Post by Yuli Ban » Mon Mar 01, 2021 1:16 am

To put it another way, Dragon Ball's great to rewatch because of scenes like this

https://www.youtube.com/watch?v=gyASQEM4izc
Image

And all the build-up to it. Seeing the Androids wreak havoc, Cell's rise, everyone falling before him, and the humiliations wrought with his arrogant boasts basically culminates in this scene particularly. You're watching powerful, hubristic villains get one-upped, and that feels good. It feels good no matter how simple or convoluted the story is, whether there are plenty of twists and turns and clashing motivations and hidden secrets and unexpectedly "real" moments.... or if it's a surreal kung fu fantasy story whose idea of a "twist" is "and then someone even stronger appeared!" Dragon Ball doesn't need much more and it's still great to watch because of that sense of catharsis. It just feels awesome to watch the haughty and mighty get taken down. It doesn't matter if that's through handing a legal notice to a prosecutor that convicts a powerful, privileged rapist or through an explosive Buddha Palm to the face.

Whenever it doesn't do that, it gets frustratingly tedious and has to rely more on other elements to keep your attention, elements it never really did well precisely because of how simple of a story it is.
Because most of Dragon Ball is that, it just works. Slice of life also works, but the series rarely delves into that outside of filler.

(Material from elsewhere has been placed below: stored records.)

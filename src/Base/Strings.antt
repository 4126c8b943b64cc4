-- ===== src/Base/Strings.antt =====
-- `strings.TrimSpace`, `ToUpper`, `ToLower`, `Split`, `Cut` of the Go standard library and
-- `strconv.Atoi`, on texts of ASCII bytes.
use Prim.Native.Nat.{ℕ, ◌+◌, ◌-◌, ◌^◌}
use mathlib.Core.Path.{◌≡◌, refl}
use mathlib.Core.Logic.{◌≢◌}
use mathlib.Core.Bool.{Bool, false, ◌&&◌, ◌||◌}
use mathlib.Core.Option.{Option, none, some}
use mathlib.Core.List.{List, [], ◌∷◌, ◌++◌}
use native.Mathlib.Omega.{arith}
use lumen_liquid_backend.Base.Tests.{leb, nat_beq, if◌then◌else◌}
use lumen_liquid_backend.Base.Lists.{All}
use lumen_liquid_backend.Base.Int.{ℤ, pos, negsuc, leb_ℤ}
use lumen_liquid_backend.Base.Text.{Text, parse_ℤ, IsDigits}

-- Tab, line feed, vertical tab, form feed, carriage return and the space.
abbrev pub is_space : ℕ → Bool
is_space c = nat_beq c 32 || (leb 9 c && leb c 13)

unfoldable pub trim_left : Text → Text
trim_left [] = []
trim_left (c ∷ s) = if is_space c then trim_left s else c ∷ s

-- A text of spaces only loses all of it.
unfoldable pub trim_right : Text → Text
trim_right [] = []
trim_right (c ∷ s) = elim (trim_right s) [
  | [] ↦ if is_space c then [] else c ∷ []
  | d ∷ t ↦ c ∷ d ∷ t
]

unfoldable pub trim_space : Text → Text
trim_space s = trim_right (trim_left s)

unfoldable pub to_upper : Text → Text
to_upper [] = []
to_upper (c ∷ s) = (if leb 97 c && leb c 122 then c - 32 else c) ∷ to_upper s

unfoldable pub to_lower : Text → Text
to_lower [] = []
to_lower (c ∷ s) = (if leb 65 c && leb c 90 then c + 32 else c) ∷ to_lower s

-- What stands before the first separator, and what stands after it where there is one.
unfoldable pub cut : ℕ → Text → Text × Option Text
cut sep [] = ([], none)
cut sep (c ∷ s) =
    let (before, after) = cut sep s in if nat_beq c sep then ([], some s) else (c ∷ before, after)

abbrev add_to_first : ℕ → List Text → List Text
add_to_first c [] = (c ∷ []) ∷ []
add_to_first c (part ∷ parts) = (c ∷ part) ∷ parts

-- Never without a part.
unfoldable pub split_on : ℕ → Text → List Text
split_on sep [] = [] ∷ []
split_on sep (c ∷ s) =
    let parts = split_on sep s in if nat_beq c sep then [] ∷ parts else add_to_first c parts

-- `Atoi` on a machine of 64 bits.
abbrev in_int64 : ℤ → Option ℤ
in_int64 z = if leb_ℤ (negsuc (2 ^ 63 - 1)) z && leb_ℤ z (pos (2 ^ 63 - 1)) then some z else none

unfoldable pub atoi : Text → Option ℤ
atoi s = elim (parse_ℤ s) [ none ↦ none | some z ↦ in_int64 z ]

pub cut_first : (sep : ℕ) (s t : Text) → All (λ c. c ≢ sep) s → cut sep (s ++ sep ∷ t) ≡ (s, some t)
unfolding cut
cut_first sep [] t h = ground arith
cut_first sep (c ∷ s) t h = rw (cut_first sep s t h.1) (ground (arith, h.0))

pub cut-none : (sep : ℕ) (s : Text) → All (λ c. c ≢ sep) s → cut sep s ≡ (s, none)
unfolding cut
cut-none sep [] h = refl
cut-none sep (c ∷ s) h = rw (cut-none sep s h.1) (ground (arith, h.0))

-- A text without spaces is trimmed to itself.
abbrev pub NoSpaces : Text → Type 0
NoSpaces = All (λ c. is_space c ≡ false)

trim_left-NoSpaces : (s : Text) → NoSpaces s → trim_left s ≡ s
unfolding trim_left
trim_left-NoSpaces [] h = refl
trim_left-NoSpaces (c ∷ s) h = rw (h.0) refl

trim_right-NoSpaces : (s : Text) → NoSpaces s → trim_right s ≡ s
unfolding trim_right
trim_right-NoSpaces [] h = refl
trim_right-NoSpaces (c ∷ []) h = rw (h.0) refl
trim_right-NoSpaces (c ∷ d ∷ s) h = rw (trim_right-NoSpaces (d ∷ s) h.1) refl

pub trim_space-NoSpaces : (s : Text) → NoSpaces s → trim_space s ≡ s
unfolding trim_space
trim_space-NoSpaces s h = rw (trim_left-NoSpaces s h, trim_right-NoSpaces s h) refl

pub IsDigits-NoSpaces : (s : Text) → IsDigits s → NoSpaces s
IsDigits-NoSpaces [] h = tt
IsDigits-NoSpaces (c ∷ s) h = (ground arith, IsDigits-NoSpaces s h.1)
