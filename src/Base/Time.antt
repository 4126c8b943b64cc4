-- ===== src/Base/Time.antt =====
-- Times as numbers of microseconds since the zero time, as the database keeps them, and their texts:
-- `Format(time.RFC3339)` and `time.Parse(time.RFC3339, …)` of the Go standard library are a record.
use Prim.Native.Nat.{ℕ, ◌*◌, ◌/◌}
use mathlib.Core.Path.{◌≡◌}
use mathlib.Core.Logic.{◌≢◌}
use mathlib.Core.Option.{Option, some}
use mathlib.Core.List.{[]}
use lumen_liquid_backend.Base.Text.{Text}

pub record Rfc3339 : Type 0 where
  pub format : ℕ → Text
  pub parse : Text → Option ℕ

-- The whole second that a time falls in.
abbrev pub whole_second : ℕ → ℕ
whole_second t = t / 1_000_000 * 1_000_000

-- The text of a time is read back as its whole second, and is never empty.
pub record IsClock (clock : Rfc3339) : Type 0 where
  pub reads : (t : ℕ) → clock.parse (clock.format t) ≡ some (whole_second t)
  pub filled : (t : ℕ) → clock.format t ≢ []
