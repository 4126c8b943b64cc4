-- ===== src/Api/History.antt =====
-- `handleGetTradingHistory` of cmd/api/main.go: one page of a trader's closed trades.
pub mod Order
pub mod Follow
pub mod Pages
pub mod Cursor
use lumen_liquid_backend.Base.{
  ℕ, suc, ◌+◌, ◌-◌, ◌*◌, ◌/◌, Bool, true, false, Option, none, some, List, [], ◌∷◌, ◌++◌,
  if◌then◌else◌, ◌==◌, text_eq, ltb, length, take, keep, get_elem?,
}
use lumen_liquid_backend.Base.Int.{ℤ, pos, pos_part, ltb_ℤ}
use lumen_liquid_backend.Base.Text.{Text, codes}
use lumen_liquid_backend.Base.Strings.{atoi}
use lumen_liquid_backend.Base.Time.{Rfc3339}
use lumen_liquid_backend.Api.{Response, json, http_error, Rows}

-- A row of `trade_history`, as the query selects it.
pub record HistoryRow : Type 0 where
  pub pair_index : ℤ
  pub trade_index : ℤ
  pub is_long : Bool
  pub leverage : ℤ
  pub collateral : Text
  pub open_price : Text
  pub close_price : Option Text
  pub acc_rollover_open : Text
  pub acc_funding_open : Text
  pub tp_price : Text
  pub sl_price : Text
  pub realized_pnl : Option Text
  pub open_fee : Option Text
  pub close_fee : Option Text
  pub close_reason : Text
  pub opened_at : ℕ
  pub opened_tx : Text
  pub closed_at : ℕ
  pub closed_tx : Text

-- An history_entry of the response: the row, with its times as texts.
pub record HistoryEntry : Type 0 where
  pub row : HistoryRow
  pub opened_text : Text
  pub closed_text : Text

pub record HistoryPage : Type 0 where
  pub trader : Text
  pub history : List HistoryEntry
  pub next_cursor : Option Text
  pub has_more : Bool

-- Default 20, at most 100; a text that is no number above zero is ignored.
abbrev pub chosen : Option ℤ → ℕ
chosen none = 20
chosen (some n) = if ltb_ℤ (pos 0) n then pos_part n else 20

unfoldable pub page_limit : Text → ℕ
page_limit l =
    let limit = if l == [] then 20 else chosen (atoi l) in if ltb 100 limit then 100 else limit

-- `WHERE … closed_at < $2 ORDER BY closed_at DESC LIMIT $3` on the rows of the trader, which stand
-- in the order of the query.
abbrev pub older : Option ℕ → List HistoryRow → List HistoryRow
older none rows = rows
older (some t) rows = keep (λ r. ltb r.closed_at t) rows

unfoldable pub select_history : Option ℕ → ℕ → List HistoryRow → List HistoryRow
select_history cursor n rows = take n (older cursor rows)

module _ (clock : Rfc3339) where
  abbrev pub history_entry : HistoryRow → HistoryEntry
  history_entry r = record {
    row = r;
    opened_text = clock.format r.opened_at;
    closed_text = clock.format r.closed_at;
  }

  -- A row that cannot be scanned ends the loop: pgx closes the rows then.
  abbrev pub entries : List (Option HistoryRow) → List HistoryEntry
  entries [] = []
  entries (none ∷ rows) = []
  entries (some r ∷ rows) = history_entry r ∷ entries rows

  -- `mustParseRFC3339`: the zero time on an error.
  unfoldable pub must_parse_rfc3339 : Text → ℕ
  must_parse_rfc3339 s = elim (clock.parse s) [ none ↦ 0 | some t ↦ t ]

  abbrev pub cursor_of : Option HistoryEntry → Option Text
  cursor_of none = none
  cursor_of (some e) = some (clock.format (must_parse_rfc3339 e.closed_text))

  -- One history_entry more than the limit was asked for: it tells that there are more pages.
  unfoldable pub history_page : Text → ℕ → List HistoryEntry → HistoryPage
  history_page trader limit history =
      let shown = take limit history in
      if ltb limit (length history)
      then record {
        trader = trader;
        history = shown;
        next_cursor = cursor_of (get_elem? shown (length shown - 1));
        has_more = true;
      }
      else record { trader = trader; history = history; next_cursor = none; has_more = false }

  abbrev pub answer : Text → ℕ → Rows HistoryRow → Response HistoryPage
  answer trader limit none = http_error (codes "query failed") 500
  answer trader limit (some rows) = json (history_page trader limit (entries rows))

  abbrev pub with_cursor :
      (Option ℕ → ℕ → Rows HistoryRow) → Text → ℕ → Option ℕ → Response HistoryPage
  with_cursor query trader limit none =
      http_error (codes "invalid cursor (want RFC3339 timestamp)") 400
  with_cursor query trader limit (some t) = answer trader limit (query (some t) (limit + 1))

  -- `query` is the database, asked for the trader's rows before a time, up to a number of them.
  unfoldable pub handle_get_trading_history :
      (Option ℕ → ℕ → Rows HistoryRow) → Text → Text → Text → Response HistoryPage
  handle_get_trading_history query trader limit_text cursor =
      let limit = page_limit limit_text in
      if cursor == []
      then answer trader limit (query none (limit + 1))
      else with_cursor query trader limit (clock.parse cursor)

As a tangent, this, I think, is also why Fusion Reborn is more popular than Wrath of the Dragon, despite the latter being basically the movie with the most plot, the most well-developed plot, and the best animation of the entire classic run of Dragon Ball. I still dream of a Dragon Ball OVA or mini-series with that art direction and level of animation fluidity. It just doesn't have the same sense of payoff. Goku feels like he bullshits a victory and steals it from someone else just because He's Goku™. Compared to movie 12 where Janemba's fucking the Monkey Pair up so magnificently that he's considered one of the best movie characters just because of that alone, and right when you're getting tired of his shtick and the constant one-sidedness, here comes Gogeta to effortlessly destroy him. Out of all the end-of-movie asspulls of the movie series, this was by far the best one by some raging distance.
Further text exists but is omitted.